**What is being asked:** Provide again, from the entries below, every line from the one containing "repository c5008d25b11bca0d" through the one containing "pub sink : SinkPtr → FileSink", exactly as written, and no other line.

**Records supplied:**
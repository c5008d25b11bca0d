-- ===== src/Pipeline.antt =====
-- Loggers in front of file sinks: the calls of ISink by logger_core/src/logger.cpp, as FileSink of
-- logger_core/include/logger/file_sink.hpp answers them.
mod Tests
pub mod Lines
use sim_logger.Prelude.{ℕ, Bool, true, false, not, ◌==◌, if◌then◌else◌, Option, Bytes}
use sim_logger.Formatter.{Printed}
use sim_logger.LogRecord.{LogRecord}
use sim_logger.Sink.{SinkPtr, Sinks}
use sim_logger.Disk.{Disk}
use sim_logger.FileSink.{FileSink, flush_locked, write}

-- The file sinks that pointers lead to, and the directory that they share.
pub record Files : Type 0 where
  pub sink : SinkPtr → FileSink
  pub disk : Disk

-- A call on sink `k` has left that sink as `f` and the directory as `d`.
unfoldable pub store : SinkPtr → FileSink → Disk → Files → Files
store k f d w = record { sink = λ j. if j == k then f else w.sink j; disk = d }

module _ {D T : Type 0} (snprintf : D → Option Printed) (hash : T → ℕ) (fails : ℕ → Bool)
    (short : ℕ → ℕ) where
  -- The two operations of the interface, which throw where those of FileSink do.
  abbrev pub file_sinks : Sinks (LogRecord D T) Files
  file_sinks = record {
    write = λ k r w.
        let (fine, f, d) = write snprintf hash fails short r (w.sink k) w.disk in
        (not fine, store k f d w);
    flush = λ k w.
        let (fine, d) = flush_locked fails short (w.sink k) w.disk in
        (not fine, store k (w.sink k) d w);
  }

---

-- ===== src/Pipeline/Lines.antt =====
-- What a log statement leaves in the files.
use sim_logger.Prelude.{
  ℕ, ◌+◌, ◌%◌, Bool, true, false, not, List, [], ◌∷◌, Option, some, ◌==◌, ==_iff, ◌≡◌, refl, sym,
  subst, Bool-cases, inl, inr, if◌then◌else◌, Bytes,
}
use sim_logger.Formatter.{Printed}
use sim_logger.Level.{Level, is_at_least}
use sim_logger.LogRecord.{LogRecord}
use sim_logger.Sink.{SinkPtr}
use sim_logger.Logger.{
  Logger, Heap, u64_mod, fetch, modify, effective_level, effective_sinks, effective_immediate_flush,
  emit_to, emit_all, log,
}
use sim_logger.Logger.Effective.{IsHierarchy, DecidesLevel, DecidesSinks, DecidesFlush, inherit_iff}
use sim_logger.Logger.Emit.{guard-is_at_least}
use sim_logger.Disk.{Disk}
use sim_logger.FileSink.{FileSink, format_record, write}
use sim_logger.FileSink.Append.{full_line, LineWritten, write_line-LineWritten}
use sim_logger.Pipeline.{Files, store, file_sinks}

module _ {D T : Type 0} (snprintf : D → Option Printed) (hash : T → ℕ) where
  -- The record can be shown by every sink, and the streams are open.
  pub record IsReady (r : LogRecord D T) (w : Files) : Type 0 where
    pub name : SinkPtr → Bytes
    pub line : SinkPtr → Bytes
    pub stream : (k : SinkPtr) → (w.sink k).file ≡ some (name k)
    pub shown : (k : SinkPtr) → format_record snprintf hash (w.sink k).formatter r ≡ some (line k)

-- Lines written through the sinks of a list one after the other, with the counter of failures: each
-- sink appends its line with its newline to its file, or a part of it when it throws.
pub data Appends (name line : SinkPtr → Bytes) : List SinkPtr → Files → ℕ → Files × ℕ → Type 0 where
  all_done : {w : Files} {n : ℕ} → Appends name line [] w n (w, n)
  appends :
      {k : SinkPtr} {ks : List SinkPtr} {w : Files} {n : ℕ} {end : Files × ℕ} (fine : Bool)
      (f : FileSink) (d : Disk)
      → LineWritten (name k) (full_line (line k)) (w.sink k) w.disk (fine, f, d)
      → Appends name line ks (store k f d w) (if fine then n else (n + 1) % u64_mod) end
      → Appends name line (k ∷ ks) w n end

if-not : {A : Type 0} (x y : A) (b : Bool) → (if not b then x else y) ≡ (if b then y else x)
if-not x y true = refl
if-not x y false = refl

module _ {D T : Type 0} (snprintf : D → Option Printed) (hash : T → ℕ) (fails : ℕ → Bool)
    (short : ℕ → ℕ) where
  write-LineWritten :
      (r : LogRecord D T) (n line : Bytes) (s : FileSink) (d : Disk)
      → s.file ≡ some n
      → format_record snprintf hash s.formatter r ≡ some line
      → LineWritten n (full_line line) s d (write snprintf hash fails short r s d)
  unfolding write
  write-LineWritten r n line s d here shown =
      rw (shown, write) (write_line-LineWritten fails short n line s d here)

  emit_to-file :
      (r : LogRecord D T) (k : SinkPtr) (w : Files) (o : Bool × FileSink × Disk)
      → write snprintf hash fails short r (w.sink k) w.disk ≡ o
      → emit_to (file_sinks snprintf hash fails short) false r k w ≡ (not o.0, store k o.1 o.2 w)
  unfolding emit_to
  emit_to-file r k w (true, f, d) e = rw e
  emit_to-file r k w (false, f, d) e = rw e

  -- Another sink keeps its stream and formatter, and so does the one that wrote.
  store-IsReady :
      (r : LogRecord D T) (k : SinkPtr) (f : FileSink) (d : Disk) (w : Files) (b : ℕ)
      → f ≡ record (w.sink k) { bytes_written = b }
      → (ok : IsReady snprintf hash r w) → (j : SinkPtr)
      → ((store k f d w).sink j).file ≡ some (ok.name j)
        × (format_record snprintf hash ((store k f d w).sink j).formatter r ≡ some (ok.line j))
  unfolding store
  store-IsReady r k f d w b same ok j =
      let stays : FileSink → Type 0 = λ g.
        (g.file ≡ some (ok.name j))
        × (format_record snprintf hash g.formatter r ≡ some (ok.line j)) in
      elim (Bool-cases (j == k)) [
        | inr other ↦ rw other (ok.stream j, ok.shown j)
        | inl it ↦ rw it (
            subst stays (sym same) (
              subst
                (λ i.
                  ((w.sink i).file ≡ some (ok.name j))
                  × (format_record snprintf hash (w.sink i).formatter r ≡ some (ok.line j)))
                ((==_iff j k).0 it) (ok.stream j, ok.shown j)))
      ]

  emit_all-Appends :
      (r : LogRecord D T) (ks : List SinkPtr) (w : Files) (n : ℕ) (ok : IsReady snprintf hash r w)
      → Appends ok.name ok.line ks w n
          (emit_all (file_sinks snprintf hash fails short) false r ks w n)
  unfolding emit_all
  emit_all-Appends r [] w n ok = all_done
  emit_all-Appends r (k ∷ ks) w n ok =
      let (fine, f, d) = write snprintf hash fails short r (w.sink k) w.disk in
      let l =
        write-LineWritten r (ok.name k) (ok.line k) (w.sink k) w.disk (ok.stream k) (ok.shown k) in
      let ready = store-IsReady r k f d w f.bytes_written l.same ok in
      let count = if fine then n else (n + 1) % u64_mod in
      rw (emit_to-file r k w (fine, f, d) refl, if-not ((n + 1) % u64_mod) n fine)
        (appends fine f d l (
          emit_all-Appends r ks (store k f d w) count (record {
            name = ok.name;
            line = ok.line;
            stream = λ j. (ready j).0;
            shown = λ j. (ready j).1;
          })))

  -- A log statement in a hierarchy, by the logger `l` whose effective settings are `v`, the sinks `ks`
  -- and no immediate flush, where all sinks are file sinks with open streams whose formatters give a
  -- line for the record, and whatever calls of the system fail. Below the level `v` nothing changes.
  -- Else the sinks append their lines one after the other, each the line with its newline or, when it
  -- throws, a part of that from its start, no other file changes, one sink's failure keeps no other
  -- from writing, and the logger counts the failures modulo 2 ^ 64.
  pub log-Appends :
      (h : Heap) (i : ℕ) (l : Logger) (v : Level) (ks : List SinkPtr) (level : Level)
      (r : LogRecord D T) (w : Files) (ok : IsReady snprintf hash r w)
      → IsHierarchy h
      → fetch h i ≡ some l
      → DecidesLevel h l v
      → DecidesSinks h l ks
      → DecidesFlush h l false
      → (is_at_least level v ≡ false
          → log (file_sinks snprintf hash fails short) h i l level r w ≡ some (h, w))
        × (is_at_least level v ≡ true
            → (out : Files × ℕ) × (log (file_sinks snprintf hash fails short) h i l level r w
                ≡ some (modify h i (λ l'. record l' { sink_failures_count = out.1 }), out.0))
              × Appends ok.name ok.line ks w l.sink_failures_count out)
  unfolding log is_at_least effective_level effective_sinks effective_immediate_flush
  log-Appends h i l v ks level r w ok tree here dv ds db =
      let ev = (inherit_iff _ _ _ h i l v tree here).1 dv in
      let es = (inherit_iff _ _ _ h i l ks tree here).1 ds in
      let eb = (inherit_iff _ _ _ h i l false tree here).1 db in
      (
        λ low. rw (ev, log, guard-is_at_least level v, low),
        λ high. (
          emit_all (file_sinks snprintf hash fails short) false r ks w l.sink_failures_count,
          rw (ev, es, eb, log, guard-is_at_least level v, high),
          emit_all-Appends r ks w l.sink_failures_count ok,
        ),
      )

**Response to the exercise:**
repository c5008d25b11bca0d
-- ===== src/Pipeline.antt =====
-- Loggers in front of file sinks: the calls of ISink by logger_core/src/logger.cpp, as FileSink of
-- logger_core/include/logger/file_sink.hpp answers them.
mod Tests
pub mod Lines
use sim_logger.Prelude.{ℕ, Bool, true, false, not, ◌==◌, if◌then◌else◌, Option, Bytes}
use sim_logger.Formatter.{Printed}
use sim_logger.LogRecord.{LogRecord}
use sim_logger.Sink.{SinkPtr, Sinks}
use sim_logger.Disk.{Disk}
use sim_logger.FileSink.{FileSink, flush_locked, write}

-- The file sinks that pointers lead to, and the directory that they share.
pub record Files : Type 0 where
  pub sink : SinkPtr → FileSink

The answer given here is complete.